A couple years ago I went to a month-long artist residency and only got any real work done on the last day! Whoops. I beat myself up about it at the time but in retrospect the valuable “work” that was happening there wasn’t able to be realized until later, with the shift in my perspective and fragments of ideas that needed that window of incubation and distance. Similarly, one thing I have been pretty diligent about recently is mere documentation without strings attached — little things I’m noticing, sitting on the porch and just watching trees move around in the wind, realizing there’s a weird sticker on my shoe that’s probably been there for a year, looking next door and inventing theories about why my neighbor orders delivery from Chipotle every day...this is what’s going on in my brain. If all I can do is be a witness, so be it. 

What was the first thing you did when you woke up this morning?

Try to locate my glasses, which I always fall asleep wearing and lose in the bed.

What did you make for dinner last night?

GIANT salad — greens, raw and roasted veg, sauerkraut, seeds, nuts, avocado, and dressing I make that’s just Gjusta EVOO/lemon/dijon. Secret ingredient za’atar salt! Sourdough from our friend Spencer that we froze and have been rationing out. Reallyyyyy delicious chilled red wine since it was 90 degrees out.

I saw that you are a fan of time blocking, and I know you have worked from home for years, can you please share with us your techniques and any tips you have for making the most of your work day. 

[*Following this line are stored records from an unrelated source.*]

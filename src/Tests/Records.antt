-- ===== src/Tests/Records.antt =====
-- Runs of the line format (object/format/ndjson), and instances of the theorems on it.
use omnistorage_core.Base.{
  ℕ, ◌≡◌, refl, none, some, List, [], ◌∷◌, ◌++◌, arith, list_eq, nat_eq, if◌then◌else◌,
}
use omnistorage_core.Base.Text.{Text, bytes}
use omnistorage_core.Object.Ndjson
use omnistorage_core.Object.Ndjson.RoundTrip
use omnistorage_core.Object.Ndjson.Reading
use omnistorage_core.Object.Ndjson.{
  Sink, Reader, Answer, new_writer, new_reader_size, close_writer, trim_right, is_trimmed, read,
  write_json, err_too_long,
}
use omnistorage_core.Object.Ndjson.Reading.{read_times, IsRecord, read_total}
use omnistorage_core.Object.Ndjson.RoundTrip.{
  write_all, IsLawful, read_times-write_all, read-write_all_long,
}

abbrev in_memory : Sink (List ℕ)
in_memory = record {
  write = λ cs s. (s ++ cs, none);
  flush = λ s. (s, none);
  close = λ s. (s, none);
}

lawful : IsLawful in_memory (λ s. s)
lawful = record {
  writes = λ cs s. (refl, refl);
  flushes = λ s. (refl, refl);
  closes = λ s. (refl, refl);
}

trim_left : List ℕ → List ℕ
trim_left [] = []
trim_left (c ∷ cs) = let rest = trim_left cs in if is_trimmed c then rest else c ∷ cs

abbrev trim_space : List ℕ → List ℕ
trim_space cs = trim_left (trim_right cs)

program : Unit {0}
unfolding trim_left Ndjson.trim_right Ndjson.write Ndjson.write_json Ndjson.flush
    Ndjson.close_writer Ndjson.take_line Ndjson.drop_cr Ndjson.scan Ndjson.read_loop Ndjson.read
    RoundTrip.write_all Reading.read_times list_eq nat_eq
program = tt

abbrev records : List Text
records = bytes "one" ∷ bytes "two 2" ∷ []

-- Blank lines are passed over, and the carriage return of a line is cut off.
uneven :
    read_times trim_space 3 (
      new_reader_size
        (record {
          chunks = (bytes "one" ++ b'\r' ∷ b'\n' ∷ b' ' ∷ []) ∷ (b'\n' ∷ bytes "two") ∷ [];
          failure = none;
        })
        none
        8)
    ≡ some (Answer.line (bytes "one")) ∷ some (Answer.line (bytes "two")) ∷ some Answer.eof ∷ []
unfolding program
uneven = refl

trimmed :
    (write_json in_memory (bytes "one" ++ b' ' ∷ b'\n' ∷ []) (new_writer in_memory [])).0.sink
    ≡ bytes "one" ++ b'\n' ∷ []
unfolding program
trimmed = refl

one-IsRecord : IsRecord trim_space 8 (bytes "one")
unfolding program
one-IsRecord = record { one_line = refl; fits = omega arith; no_cr = refl; not_blank = refl }

two-IsRecord : IsRecord trim_space 8 (bytes "two 2")
unfolding program
two-IsRecord = record { one_line = refl; fits = omega arith; no_cr = refl; not_blank = refl }

read_times-write_all_example :
    let (w, failed) = write_all in_memory records (new_writer in_memory []) in
    let (w', failed') = close_writer in_memory w in
    (failed ≡ none)
    × (failed' ≡ none)
    × (read_times trim_space 3
          (new_reader_size (record { chunks = w'.sink ∷ []; failure = none }) none 8)
        ≡ some (Answer.line (bytes "one"))
          ∷ some (Answer.line (bytes "two 2"))
          ∷ some Answer.eof
          ∷ [])
read_times-write_all_example =
    read_times-write_all in_memory (λ s. s) lawful trim_space 8 records [] refl
      (one-IsRecord, (two-IsRecord, tt))

read-write_all_long_example :
    let (w, failed) = write_all in_memory records (new_writer in_memory []) in
    let r = new_reader_size (record { chunks = w.sink ∷ []; failure = none }) none 3 in
    (failed ≡ none) × ((read trim_space r).1 ≡ some (Answer.failed err_too_long))
unfolding program
read-write_all_long_example =
    read-write_all_long in_memory (λ s. s) lawful trim_space 3 (bytes "one") (bytes "two 2" ∷ []) []
      refl refl (omega arith)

Sure! The time blocking thing isn’t really any strict or fancy technique, but essentially I just try as best I can to have a strategy for my day before I get started and then block out the day into tasks that I am feasibly able to accomplish. For example, I am more focused and a better writer in the morning so I put all creative and writing projects before lunch. Then I know I get really sleepy and can be unmotivated in the afternoons so I will do more emailing or transactional tasks then. My method is not your method but it is A method, so that’s my only advice.

Other things:

I get super antsy if I’m just sitting in the same spot all day so I like to switch up my working situation multiple times (have had to get inventive since I can’t just go to the coffee shop anymore; I’ve been physically moving my desk outside on sunny days and taking lots of mid-day breaks.) 

Also I am strict with my boundaries with clients which I think is incredibly important. I am not going to respond to texts at 9pm because that’s just ludicrous! Stop texting me!

Lastly I like to have at least 3 different beverages in the mix at all moments. Not a tip, just a thing I like. I wish I could tell you I have a perfectly organized workspace punctuated by ikebana pairings of fresh peonies and found branches but... nope, just drinks.